# Building a PC based on UFX+ - need recommendations



## David Chappell (Nov 9, 2019)

I bought a UFX+ assuming it would just plug in, install, and work... that definitely wasn't the case, as apparently my system is a perfect storm of components that RME won't get along with.

As a result, I'm looking to build a new PC specifically to work with the UFX+, so if anyone has a UFX+ running with perfect stability, I'd really appreciate any recommendations on a build.

This is my system at the moment:
Intel i7-5820k
Asus Sabertooth X99
Noctua NH-D15
4x16GB Cosair Vengeance DDR4 2400MHz
Asus Nvidia GeForce GTX750Ti
Seasonic P760 760W 80+ platinum power supply
Fractal Design Define R5
Samsung 850 EVO 500GB
Windows 10 professional 64 bit

Google has pointed to RME taking issue with X99 mainboards, Asus mainboards, and Nvidia cards... my system having all three was a recipe for disaster, it seems.

I think I can reuse the RAM, case, PSU, cooler, and drives from the current system, as none have issues currently, and those don't appear to be behind any of the UFX+ issues, unless it's bad practice to reuse those.

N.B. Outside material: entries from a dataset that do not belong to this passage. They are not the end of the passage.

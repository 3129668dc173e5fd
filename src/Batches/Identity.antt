-- ===== src/Batches/Identity.antt =====
-- src/core/generation-batch.ts: the round and the scope in the key of a batch, and the batches found
-- by their keys.
use Prim.Native.String.append
use shan_hai_edu_ppt.Base.{
  ℕ, ◌≡◌, ◌∙◌, ◌≤◌, ap, refl, Option, none, some, is_some, List, [], ◌∷◌, String, after_prefix,
  append_text, decimal, whole_number, whole_number-decimal, after_prefix-append, if◌then◌else◌,
  Result,
}
use shan_hai_edu_ppt.Contracts.Accounting.{StoredGenerationBatch}
use shan_hai_edu_ppt.Ports.{StepRecord, StoredRun}
use shan_hai_edu_ppt.Batches.{
  BatchScope, initial_scope, revision_scope, BatchCode, generation_batch_step_key_for,
}
use shan_hai_edu_ppt.Batches.Host.{read_stored}

pub record BatchIdentity : Type 0 where
  pub revision_round : ℕ
  pub scope : BatchScope

abbrev number_of : Option String → Option ℕ
number_of none = none
number_of (some s) = whole_number s

abbrev after : String → Option String → Option String
after marker none = none
after marker (some s) = after_prefix marker s

-- `^${escapeRegExp(runId)}${marker}(\d+)$`, with the number.
unfoldable pub round_after : String → String → String → Option ℕ
round_after run_id marker key = number_of (after marker (after_prefix run_id key))

abbrev initial_marker : String
initial_marker = ":generation-batch:r"

abbrev revision_marker : String
revision_marker = ":revision-generation-batch:r"

abbrev pub identity_by : Option ℕ → Option ℕ → Option BatchIdentity
identity_by (some round) o = some (record { revision_round = round; scope = initial_scope })
identity_by none (some round) = some (record { revision_round = round; scope = revision_scope })
identity_by none none = none

unfoldable pub generation_batch_identity_from_step_key : String → String → Option BatchIdentity
generation_batch_identity_from_step_key run_id key =
    identity_by (round_after run_id initial_marker key) (round_after run_id revision_marker key)

first_initial : String → List StepRecord → Option StepRecord
first_initial run_id [] = none
first_initial run_id (s ∷ ss) =
    let rest = first_initial run_id ss in
    if is_some (after initial_marker (after_prefix run_id s.idempotency_key)) then some s else rest

-- `getGenerationBatch` without an identity: the first batch whose key is one of the initial scope.
unfoldable pub get_first_generation_batch :
    String → StoredRun → Result BatchCode (Option StoredGenerationBatch)
unfolding first_initial
get_first_generation_batch run_id s = read_stored (first_initial run_id s.steps)

-- What follows the run's id in a key.
round_after-append :
    (run_id marker own : String) (round : ℕ)
    → round_after run_id marker (append_text run_id (append_text own (decimal round)))
      ≡ number_of (after_prefix marker (append_text own (decimal round)))
unfolding round_after
round_after-append run_id marker own round =
    ap (λ o. number_of (after marker o))
      (after_prefix-append run_id (append_text own (decimal round)))

own_marker :
    (run_id marker : String) (round : ℕ)
    → round ≤ 9007199254740991
    → round_after run_id marker (append_text run_id (append_text marker (decimal round)))
      ≡ some round
own_marker run_id marker round le =
    round_after-append run_id marker marker round
    ∙ ap number_of (after_prefix-append marker (decimal round))
    ∙ whole_number-decimal round le

-- The two markers differ at their second character.
other_marker :
    (run_id : String) (round : ℕ)
    → round_after run_id initial_marker
        (append_text run_id (append_text revision_marker (decimal round)))
      ≡ none
unfolding append_text after_prefix
other_marker run_id round =
    round_after-append run_id initial_marker revision_marker round
    ∙ ap (λ s. number_of (after_prefix initial_marker s))
        (λ i. append.cons ":" "revision-generation-batch:r" (decimal round) i)
    ∙ ap (λ s. number_of (after_prefix initial_marker (String.◌∷◌ ":" s)))
        (λ i. append.cons "r" "evision-generation-batch:r" (decimal round) i)

-- The key of a batch tells its round, a safe integer, and its scope back, whatever the id of the
-- run.
pub identity_from_step_key-step_key_for :
    (run_id : String) (round : ℕ) (scope : BatchScope)
    → round ≤ 9007199254740991
    → generation_batch_identity_from_step_key run_id
        (generation_batch_step_key_for run_id round scope)
      ≡ some (record { revision_round = round; scope = scope })
unfolding generation_batch_identity_from_step_key generation_batch_step_key_for
identity_from_step_key-step_key_for run_id round initial_scope le =
    rw (own_marker run_id initial_marker round le) refl
identity_from_step_key-step_key_for run_id round revision_scope le =
    rw (other_marker run_id round) (rw (own_marker run_id revision_marker round le) refl)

Firstly I'll need a new mainboard, specifically not an Asus one, as RME won't work with ASMedia USB, apparently. Nor does it agree with X99, it seems. I've no idea where to start with this, other than supporting 128GB of RAM, if I were to upgrade RAM in the future. Also, not sure whether I should use the UFX+ in USB or thunderbolt. It seems thunderbolt is better, so I'd maybe look for a mainboard that either has thunderbolt built in, or can have this added via PCI.

The i7-5820k only works with X99 mainboards, so I'll need a new processor. Looking at an i9-9900k.

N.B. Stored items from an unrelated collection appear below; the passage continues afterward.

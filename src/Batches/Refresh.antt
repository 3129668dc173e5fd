-- ===== src/Batches/Refresh.antt =====
-- Refreshing a batch from its steps: src/core/generation-batch.ts and its schema.
use shan_hai_edu_ppt.Base.{
  ℕ, ◌+◌, ◌≤◌, ◌≡◌, refl, true, none, some, Option, List, [], ◌∷◌, length, arith, ok,
}
use shan_hai_edu_ppt.Contracts.Accounting.{BatchPage, StoredGenerationBatch, is_valid_batch}
use shan_hai_edu_ppt.Ports.{StepRecord}
use shan_hai_edu_ppt.TerminalAccounting.{last_by_key}
use shan_hai_edu_ppt.Batches.{
  Counts, count_page, count_pages, no_counts, batch_with, batch_from_steps,
}

count_page-le :
    (o : Option StepRecord) (c : Counts)
    → (count_page o c).completed + (count_page o c).failed ≤ c.completed + c.failed + 1
count_page-le none c = omega arith
count_page-le (some s) c = ground arith

count_page-submitted_le :
    (o : Option StepRecord) (c : Counts) → (count_page o c).submitted ≤ c.submitted + 1
count_page-submitted_le none c = omega arith
count_page-submitted_le (some s) c = ground arith

count_pages-submitted_le :
    (ps : List BatchPage) (steps : List StepRecord) (c : Counts)
    → (count_pages ps steps c).submitted ≤ c.submitted + length ps
unfolding count_pages
count_pages-submitted_le [] steps c = omega arith
count_pages-submitted_le (p ∷ ps) steps c =
    let o = last_by_key p.idempotency_key steps in
    omega (arith, count_pages-submitted_le ps steps (count_page o c), count_page-submitted_le o c)

count_pages-le :
    (ps : List BatchPage) (steps : List StepRecord) (c : Counts)
    → (count_pages ps steps c).completed + (count_pages ps steps c).failed
      ≤ c.completed + c.failed + length ps
unfolding count_pages
count_pages-le [] steps c = omega arith
count_pages-le (p ∷ ps) steps c =
    let o = last_by_key p.idempotency_key steps in
    omega (arith, count_pages-le ps steps (count_page o c), count_page-le o c)

-- The counts fit the schema.
batch_with-valid :
    (b : StoredGenerationBatch) (c : Counts) (now : ℕ)
    → is_valid_batch b ≡ true
    → c.completed + c.failed ≤ length b.pages
    → is_valid_batch (batch_with b c now) ≡ true
unfolding is_valid_batch batch_with
batch_with-valid b c now v le = ground (arith, v, le)

-- Refreshing a batch does not throw, as long as the amounts are safe integers, which the model does
-- not check: whatever steps the run has, the batch that a valid one becomes is valid again, with
-- the same pages; no more images are counted as submitted than it has pages, nor as completed and
-- failed together.
pub batch_from_steps-ok :
    (b : StoredGenerationBatch) (steps : List StepRecord) (now : ℕ)
    → is_valid_batch b ≡ true
    → (next : StoredGenerationBatch) × (batch_from_steps b steps now ≡ ok next)
      × (is_valid_batch next ≡ true)
      × (next.pages ≡ b.pages)
      × (next.progress.submitted ≤ length b.pages)
      × (next.progress.completed + next.progress.failed ≤ length b.pages)
unfolding batch_from_steps batch_with
batch_from_steps-ok b steps now v =
    let c = count_pages b.pages steps no_counts in
    let le = count_pages-le b.pages steps no_counts in
    let sent = count_pages-submitted_le b.pages steps no_counts in
    let valid = batch_with-valid b c now v (omega (arith, le)) in
    (batch_with b c now, rw valid refl, valid, refl, omega (arith, sent), omega (arith, le))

Finally, a new graphics card, again, no idea other than not Nvidia. I have 2 1080p monitors, and am considering an additional 4k one , so might be good to future proof.

Aside from the UFX+, I use Cubase 8.5 and Sonarworks systemwide all the time, if those might affect the system with a UFX+.

Would appreciate any advice, thank you!


----------



## Solarsentinel (Nov 10, 2019)

Hi, can you describe your issues?

First and before buying a new pc try to identify your real problems. Is the thunderbolt? If this is the case, the The first advice that i can give you is to buy a cheap pci express usb 3.0 card which is not drived by asmedia and connect your UFX with it on usb 3. This will cost you 15 dollars and worst the try. You can also buy a pci express thunderbolt can which is not asmedia if you find one but the usb 3.0 is cheapest and works really well.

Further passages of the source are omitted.